Gather every line in the records below that contains the word "ClientEnv".

MATERIALS PROVIDED Start Marker

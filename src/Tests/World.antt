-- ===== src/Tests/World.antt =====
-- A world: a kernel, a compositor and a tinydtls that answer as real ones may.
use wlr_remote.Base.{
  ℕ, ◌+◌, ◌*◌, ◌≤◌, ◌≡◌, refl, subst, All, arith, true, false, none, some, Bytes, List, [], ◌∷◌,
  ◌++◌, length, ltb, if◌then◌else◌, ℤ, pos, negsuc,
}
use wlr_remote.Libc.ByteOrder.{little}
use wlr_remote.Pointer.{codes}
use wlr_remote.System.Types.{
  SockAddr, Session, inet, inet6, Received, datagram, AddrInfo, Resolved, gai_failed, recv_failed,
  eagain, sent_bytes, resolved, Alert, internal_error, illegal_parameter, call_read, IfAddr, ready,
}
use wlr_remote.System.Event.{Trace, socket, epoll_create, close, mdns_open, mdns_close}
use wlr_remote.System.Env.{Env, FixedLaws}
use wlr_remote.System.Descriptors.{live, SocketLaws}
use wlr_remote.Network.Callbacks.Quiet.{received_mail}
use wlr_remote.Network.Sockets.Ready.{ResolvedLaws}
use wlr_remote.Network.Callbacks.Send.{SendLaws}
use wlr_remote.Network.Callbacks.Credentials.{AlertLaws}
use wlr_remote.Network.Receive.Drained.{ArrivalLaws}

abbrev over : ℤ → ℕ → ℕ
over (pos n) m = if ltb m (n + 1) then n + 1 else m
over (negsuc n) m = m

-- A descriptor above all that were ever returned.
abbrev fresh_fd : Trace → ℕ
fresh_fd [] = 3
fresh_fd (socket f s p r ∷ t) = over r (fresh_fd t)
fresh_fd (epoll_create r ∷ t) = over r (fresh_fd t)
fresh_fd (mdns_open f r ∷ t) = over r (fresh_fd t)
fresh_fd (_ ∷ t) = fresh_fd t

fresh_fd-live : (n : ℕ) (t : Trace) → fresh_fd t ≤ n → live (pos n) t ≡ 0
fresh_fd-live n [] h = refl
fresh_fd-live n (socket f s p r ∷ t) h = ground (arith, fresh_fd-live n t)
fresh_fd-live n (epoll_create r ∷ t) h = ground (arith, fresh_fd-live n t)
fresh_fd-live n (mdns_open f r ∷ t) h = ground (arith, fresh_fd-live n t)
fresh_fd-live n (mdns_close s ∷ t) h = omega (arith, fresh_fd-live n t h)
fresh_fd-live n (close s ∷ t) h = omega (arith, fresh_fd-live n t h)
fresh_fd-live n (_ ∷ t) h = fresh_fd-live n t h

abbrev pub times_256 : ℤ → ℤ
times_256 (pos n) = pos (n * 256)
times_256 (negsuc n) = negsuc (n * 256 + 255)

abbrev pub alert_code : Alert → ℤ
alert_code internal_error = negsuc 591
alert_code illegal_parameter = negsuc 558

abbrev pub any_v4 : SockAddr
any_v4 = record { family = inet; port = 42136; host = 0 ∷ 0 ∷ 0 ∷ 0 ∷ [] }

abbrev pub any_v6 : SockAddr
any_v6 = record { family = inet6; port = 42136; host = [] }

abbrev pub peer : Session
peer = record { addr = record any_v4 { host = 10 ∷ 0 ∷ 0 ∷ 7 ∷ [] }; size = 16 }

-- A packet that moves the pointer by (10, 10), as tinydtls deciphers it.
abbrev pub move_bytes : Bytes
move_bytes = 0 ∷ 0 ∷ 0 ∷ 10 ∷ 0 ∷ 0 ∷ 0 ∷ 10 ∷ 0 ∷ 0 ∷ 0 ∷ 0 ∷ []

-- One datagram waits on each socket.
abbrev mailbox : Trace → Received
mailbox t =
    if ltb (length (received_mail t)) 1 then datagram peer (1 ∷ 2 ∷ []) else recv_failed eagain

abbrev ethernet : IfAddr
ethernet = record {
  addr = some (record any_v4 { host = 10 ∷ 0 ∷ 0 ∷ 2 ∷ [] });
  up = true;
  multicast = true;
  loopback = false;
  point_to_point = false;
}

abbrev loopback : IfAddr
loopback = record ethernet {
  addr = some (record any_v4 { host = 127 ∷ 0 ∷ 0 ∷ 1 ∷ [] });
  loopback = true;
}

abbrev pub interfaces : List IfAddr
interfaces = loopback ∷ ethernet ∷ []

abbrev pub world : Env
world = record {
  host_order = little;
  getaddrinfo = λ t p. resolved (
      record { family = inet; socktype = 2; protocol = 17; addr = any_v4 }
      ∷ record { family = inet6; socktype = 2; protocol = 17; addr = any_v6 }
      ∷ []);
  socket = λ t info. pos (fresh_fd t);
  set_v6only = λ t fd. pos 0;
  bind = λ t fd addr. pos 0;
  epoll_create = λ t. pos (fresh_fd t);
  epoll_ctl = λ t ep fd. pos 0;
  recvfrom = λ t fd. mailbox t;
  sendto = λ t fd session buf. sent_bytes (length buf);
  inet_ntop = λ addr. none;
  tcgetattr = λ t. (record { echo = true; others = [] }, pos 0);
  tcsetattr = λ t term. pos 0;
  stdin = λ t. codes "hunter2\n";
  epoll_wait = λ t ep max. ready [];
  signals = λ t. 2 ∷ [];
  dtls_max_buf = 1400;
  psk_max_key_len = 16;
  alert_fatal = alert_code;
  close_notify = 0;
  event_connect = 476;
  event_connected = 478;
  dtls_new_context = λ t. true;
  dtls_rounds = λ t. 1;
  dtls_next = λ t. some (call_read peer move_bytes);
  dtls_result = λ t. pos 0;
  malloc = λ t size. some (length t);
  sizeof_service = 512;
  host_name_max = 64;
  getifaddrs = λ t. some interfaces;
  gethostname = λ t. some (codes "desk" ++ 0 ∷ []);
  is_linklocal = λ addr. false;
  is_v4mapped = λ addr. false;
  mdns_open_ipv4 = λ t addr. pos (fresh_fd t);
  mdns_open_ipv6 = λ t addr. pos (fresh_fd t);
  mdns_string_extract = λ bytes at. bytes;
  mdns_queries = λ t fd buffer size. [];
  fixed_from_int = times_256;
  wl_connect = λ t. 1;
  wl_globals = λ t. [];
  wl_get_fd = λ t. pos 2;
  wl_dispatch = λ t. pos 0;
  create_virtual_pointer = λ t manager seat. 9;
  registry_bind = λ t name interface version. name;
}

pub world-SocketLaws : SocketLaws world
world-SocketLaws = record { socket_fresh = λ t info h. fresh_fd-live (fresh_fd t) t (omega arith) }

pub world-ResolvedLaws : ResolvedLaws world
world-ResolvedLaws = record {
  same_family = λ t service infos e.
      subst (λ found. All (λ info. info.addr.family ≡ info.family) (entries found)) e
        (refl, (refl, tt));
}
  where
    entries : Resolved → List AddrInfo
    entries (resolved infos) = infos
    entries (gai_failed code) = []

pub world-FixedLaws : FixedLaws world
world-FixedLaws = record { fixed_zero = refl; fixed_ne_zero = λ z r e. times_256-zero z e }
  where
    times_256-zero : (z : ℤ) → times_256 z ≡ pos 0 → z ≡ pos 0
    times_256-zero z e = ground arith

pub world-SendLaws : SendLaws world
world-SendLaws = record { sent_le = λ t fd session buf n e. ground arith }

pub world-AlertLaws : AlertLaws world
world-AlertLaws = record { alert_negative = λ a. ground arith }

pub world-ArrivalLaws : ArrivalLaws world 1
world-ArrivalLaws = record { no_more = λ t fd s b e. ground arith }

MATERIALS PROVIDED End Marker
MATERIALS PROVIDED Start Marker

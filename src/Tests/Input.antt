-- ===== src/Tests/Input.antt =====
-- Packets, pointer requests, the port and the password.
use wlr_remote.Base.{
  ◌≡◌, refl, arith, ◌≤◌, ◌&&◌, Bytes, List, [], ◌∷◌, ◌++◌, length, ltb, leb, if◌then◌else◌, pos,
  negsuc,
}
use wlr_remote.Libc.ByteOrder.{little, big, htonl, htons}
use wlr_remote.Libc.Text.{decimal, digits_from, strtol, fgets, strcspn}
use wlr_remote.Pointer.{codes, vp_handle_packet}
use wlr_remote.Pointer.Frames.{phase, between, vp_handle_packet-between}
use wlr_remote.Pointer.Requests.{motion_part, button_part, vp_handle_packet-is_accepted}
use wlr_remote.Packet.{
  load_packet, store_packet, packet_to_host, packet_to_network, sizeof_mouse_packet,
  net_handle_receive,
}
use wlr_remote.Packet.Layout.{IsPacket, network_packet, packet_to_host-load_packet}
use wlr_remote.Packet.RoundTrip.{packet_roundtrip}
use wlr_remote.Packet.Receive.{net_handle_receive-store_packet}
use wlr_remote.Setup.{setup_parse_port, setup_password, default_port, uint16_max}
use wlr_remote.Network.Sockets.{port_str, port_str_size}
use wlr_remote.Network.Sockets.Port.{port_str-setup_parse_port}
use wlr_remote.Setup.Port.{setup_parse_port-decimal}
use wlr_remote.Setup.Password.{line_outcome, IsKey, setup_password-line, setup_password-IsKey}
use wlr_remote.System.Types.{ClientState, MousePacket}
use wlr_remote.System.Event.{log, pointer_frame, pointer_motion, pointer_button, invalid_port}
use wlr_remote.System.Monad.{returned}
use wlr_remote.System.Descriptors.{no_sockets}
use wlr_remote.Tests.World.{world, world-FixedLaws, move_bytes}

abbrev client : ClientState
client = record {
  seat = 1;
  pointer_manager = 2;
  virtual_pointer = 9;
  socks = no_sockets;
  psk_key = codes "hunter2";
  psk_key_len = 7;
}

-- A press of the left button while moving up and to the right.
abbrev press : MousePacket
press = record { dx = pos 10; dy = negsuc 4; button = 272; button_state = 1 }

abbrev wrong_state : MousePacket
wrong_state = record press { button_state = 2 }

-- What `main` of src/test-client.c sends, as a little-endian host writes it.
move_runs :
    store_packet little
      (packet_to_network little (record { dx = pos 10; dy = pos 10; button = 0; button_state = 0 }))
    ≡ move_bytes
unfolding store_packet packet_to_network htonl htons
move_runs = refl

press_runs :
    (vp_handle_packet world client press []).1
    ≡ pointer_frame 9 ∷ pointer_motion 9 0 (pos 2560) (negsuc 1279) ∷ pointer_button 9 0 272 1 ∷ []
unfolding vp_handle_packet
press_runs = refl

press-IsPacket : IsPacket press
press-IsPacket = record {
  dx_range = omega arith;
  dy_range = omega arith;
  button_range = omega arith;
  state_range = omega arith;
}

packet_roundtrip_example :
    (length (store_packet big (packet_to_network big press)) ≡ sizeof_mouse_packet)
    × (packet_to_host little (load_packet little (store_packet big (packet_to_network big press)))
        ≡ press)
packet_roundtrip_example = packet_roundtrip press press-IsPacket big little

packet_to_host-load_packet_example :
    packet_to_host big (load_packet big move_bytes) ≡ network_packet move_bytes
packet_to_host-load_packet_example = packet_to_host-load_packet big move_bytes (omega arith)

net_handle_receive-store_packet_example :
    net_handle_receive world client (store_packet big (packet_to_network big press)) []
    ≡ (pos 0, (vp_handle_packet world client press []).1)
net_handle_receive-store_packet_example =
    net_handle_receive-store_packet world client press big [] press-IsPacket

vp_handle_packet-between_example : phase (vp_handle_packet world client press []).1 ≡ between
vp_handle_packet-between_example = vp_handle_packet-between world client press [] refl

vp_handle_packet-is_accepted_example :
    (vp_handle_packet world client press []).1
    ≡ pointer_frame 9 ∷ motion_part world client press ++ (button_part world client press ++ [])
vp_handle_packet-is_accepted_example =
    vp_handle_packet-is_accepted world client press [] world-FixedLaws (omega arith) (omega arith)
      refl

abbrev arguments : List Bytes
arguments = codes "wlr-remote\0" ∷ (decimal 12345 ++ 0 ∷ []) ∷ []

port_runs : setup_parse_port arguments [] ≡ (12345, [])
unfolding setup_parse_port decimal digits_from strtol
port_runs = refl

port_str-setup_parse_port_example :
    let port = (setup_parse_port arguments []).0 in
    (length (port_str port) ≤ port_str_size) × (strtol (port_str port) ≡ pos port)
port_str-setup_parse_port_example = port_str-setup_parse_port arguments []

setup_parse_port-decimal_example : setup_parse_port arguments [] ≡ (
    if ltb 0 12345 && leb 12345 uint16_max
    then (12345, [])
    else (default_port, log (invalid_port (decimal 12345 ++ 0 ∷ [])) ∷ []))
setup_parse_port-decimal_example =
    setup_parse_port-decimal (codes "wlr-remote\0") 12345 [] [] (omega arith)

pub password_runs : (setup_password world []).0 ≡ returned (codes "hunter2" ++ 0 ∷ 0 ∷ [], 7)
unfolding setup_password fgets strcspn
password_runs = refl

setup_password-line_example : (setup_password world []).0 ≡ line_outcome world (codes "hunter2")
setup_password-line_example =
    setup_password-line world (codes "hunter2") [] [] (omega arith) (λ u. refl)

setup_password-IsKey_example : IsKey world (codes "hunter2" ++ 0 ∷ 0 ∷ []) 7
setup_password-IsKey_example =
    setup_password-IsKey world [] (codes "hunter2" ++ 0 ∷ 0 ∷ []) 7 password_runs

MATERIALS PROVIDED End Marker
MATERIALS PROVIDED Start Marker

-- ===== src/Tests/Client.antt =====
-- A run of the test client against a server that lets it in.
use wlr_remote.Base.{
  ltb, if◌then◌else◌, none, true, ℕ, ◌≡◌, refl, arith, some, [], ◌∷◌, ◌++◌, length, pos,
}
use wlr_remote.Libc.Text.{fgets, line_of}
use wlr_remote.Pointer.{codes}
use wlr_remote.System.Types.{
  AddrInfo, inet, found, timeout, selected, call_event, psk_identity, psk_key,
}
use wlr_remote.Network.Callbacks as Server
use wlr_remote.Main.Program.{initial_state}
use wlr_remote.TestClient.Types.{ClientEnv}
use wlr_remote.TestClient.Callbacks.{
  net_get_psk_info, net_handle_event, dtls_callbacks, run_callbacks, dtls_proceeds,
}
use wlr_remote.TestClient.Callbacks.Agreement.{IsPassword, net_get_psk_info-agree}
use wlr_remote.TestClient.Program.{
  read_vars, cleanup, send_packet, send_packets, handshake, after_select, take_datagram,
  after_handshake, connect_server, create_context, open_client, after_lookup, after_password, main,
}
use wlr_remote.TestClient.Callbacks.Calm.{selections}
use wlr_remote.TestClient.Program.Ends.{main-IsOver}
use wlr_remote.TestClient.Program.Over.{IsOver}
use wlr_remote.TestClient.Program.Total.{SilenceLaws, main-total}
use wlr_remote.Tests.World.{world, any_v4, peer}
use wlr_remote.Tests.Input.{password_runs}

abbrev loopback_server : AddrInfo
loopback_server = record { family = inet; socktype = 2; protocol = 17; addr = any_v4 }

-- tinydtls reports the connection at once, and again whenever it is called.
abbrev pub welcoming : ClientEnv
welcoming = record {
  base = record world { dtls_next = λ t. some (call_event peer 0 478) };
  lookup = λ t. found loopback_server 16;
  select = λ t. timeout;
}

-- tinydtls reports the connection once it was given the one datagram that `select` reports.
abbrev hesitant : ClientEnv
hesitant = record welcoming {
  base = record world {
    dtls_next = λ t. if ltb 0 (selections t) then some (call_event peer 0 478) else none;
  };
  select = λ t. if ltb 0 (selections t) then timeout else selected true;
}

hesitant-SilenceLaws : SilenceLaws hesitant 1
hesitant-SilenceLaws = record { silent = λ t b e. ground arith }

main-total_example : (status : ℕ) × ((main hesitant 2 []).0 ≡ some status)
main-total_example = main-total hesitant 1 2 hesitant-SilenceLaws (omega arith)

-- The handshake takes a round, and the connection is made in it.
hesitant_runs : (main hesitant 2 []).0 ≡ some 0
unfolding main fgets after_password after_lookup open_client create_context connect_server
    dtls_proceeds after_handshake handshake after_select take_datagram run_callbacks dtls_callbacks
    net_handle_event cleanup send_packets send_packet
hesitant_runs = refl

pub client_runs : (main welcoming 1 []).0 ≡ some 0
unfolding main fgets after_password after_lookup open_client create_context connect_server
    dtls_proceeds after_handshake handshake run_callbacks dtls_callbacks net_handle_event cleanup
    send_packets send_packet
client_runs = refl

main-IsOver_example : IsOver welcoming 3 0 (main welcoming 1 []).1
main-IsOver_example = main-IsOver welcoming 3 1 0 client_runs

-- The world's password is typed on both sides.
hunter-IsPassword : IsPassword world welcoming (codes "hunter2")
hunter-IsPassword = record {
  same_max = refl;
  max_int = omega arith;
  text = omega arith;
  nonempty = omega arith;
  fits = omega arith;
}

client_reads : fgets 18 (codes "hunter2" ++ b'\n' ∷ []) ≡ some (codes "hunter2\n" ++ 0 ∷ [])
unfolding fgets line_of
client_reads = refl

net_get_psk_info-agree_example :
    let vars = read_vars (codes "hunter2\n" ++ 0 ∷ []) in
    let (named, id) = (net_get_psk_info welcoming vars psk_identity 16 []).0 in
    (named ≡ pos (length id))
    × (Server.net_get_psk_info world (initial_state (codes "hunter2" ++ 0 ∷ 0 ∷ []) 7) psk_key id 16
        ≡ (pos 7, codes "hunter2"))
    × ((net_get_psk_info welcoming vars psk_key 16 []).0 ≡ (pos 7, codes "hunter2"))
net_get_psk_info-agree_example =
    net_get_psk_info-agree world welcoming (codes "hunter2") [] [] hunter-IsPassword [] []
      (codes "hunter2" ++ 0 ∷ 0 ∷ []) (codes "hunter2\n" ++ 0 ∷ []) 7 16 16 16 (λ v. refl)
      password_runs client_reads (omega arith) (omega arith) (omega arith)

MATERIALS PROVIDED End Marker

SOLVED PROBLEM:
use wlr_remote.TestClient.Types.{ClientEnv}
abbrev pub welcoming : ClientEnv
abbrev hesitant : ClientEnv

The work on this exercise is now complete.